• [Task to complete]
For the word "parse", search the records and show each line in which it occurs.

• [Given records]
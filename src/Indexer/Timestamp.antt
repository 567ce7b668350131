-- ===== src/Indexer/Timestamp.antt =====
-- `get_timestamp_from_log_line` of src/agent/indexer.cpp. Boost.Regex and the date library are
-- parameters: the first match of a pattern in a text, and the seconds that a format reads from a
-- text.
use drlog_search.Base.{ℕ, ◌+◌, ◌-◌, ◌%◌, ◌^◌, Option, none, some, List, [], ◌∷◌, Bytes, codes, take}

pub record TimeFormat : Type 0 where
  pub format : Bytes
  pub regex_pattern : Bytes

-- `time_formats_`, as the constructor sets it.
abbrev pub time_formats : List TimeFormat
time_formats =
    record {
      format = codes "%Y-%m-%d %H:%M:%S";
      regex_pattern = codes "\\d{4}-\\d{2}-\\d{2} \\d{2}:\\d{2}:\\d{2}";
    }
    ∷ record {
      format = codes "%Y/%m/%d %H:%M:%S";
      regex_pattern = codes "\\d{4}/\\d{2}/\\d{2} \\d{2}:\\d{2}:\\d{2}";
    }
    ∷ record {
      format = codes "%Y-%m-%dT%H:%M:%S";
      regex_pattern = codes "\\d{4}-\\d{2}-\\d{2}T\\d{2}:\\d{2}:\\d{2}";
    }
    ∷ record {
      format = codes "%d/%b/%Y:%H:%M:%S";
      regex_pattern = codes "\\d{2}/[A-Za-z]{3}/\\d{4}:\\d{2}:\\d{2}:\\d{2}";
    }
    ∷ record {
      format = codes "%b %d %H:%M:%S";
      regex_pattern = codes "[A-Za-z]{3} \\d{2} \\d{2}:\\d{2}:\\d{2}";
    }
    ∷ []

module _ (regex_search : Bytes → Bytes → Option Bytes) (parse : Bytes → Bytes → Option ℕ) where
  -- The count of seconds of a format, where its pattern matches and the match is read.
  unfoldable pub read_time : Bytes → Option Bytes → Option ℕ
  read_time format none = none
  read_time format (some matched_time) = parse format matched_time

  -- The pattern of the difference's 64 bits.
  unfoldable pub less_offset : ℕ → ℕ → Option ℕ → ℕ
  less_offset tz_offset later none = later
  less_offset tz_offset later (some t) = (t + 2 ^ 64 - tz_offset) % 2 ^ 64

  unfoldable pub time_loop : ℕ → Bytes → List TimeFormat → ℕ
  unfolding less_offset read_time
  time_loop tz_offset prefix [] = 0
  time_loop tz_offset prefix (tf ∷ formats) =
      less_offset tz_offset (time_loop tz_offset prefix formats)
        (read_time tf.format (regex_search tf.regex_pattern prefix))

  unfoldable pub get_timestamp_from_log_line : ℕ → Bytes → ℕ
  unfolding time_loop
  get_timestamp_from_log_line tz_offset line = time_loop tz_offset (take 50 line) time_formats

• [Answer for the task]
module _ (regex_search : Bytes → Bytes → Option Bytes) (parse : Bytes → Bytes → Option ℕ) where
  read_time format (some matched_time) = parse format matched_time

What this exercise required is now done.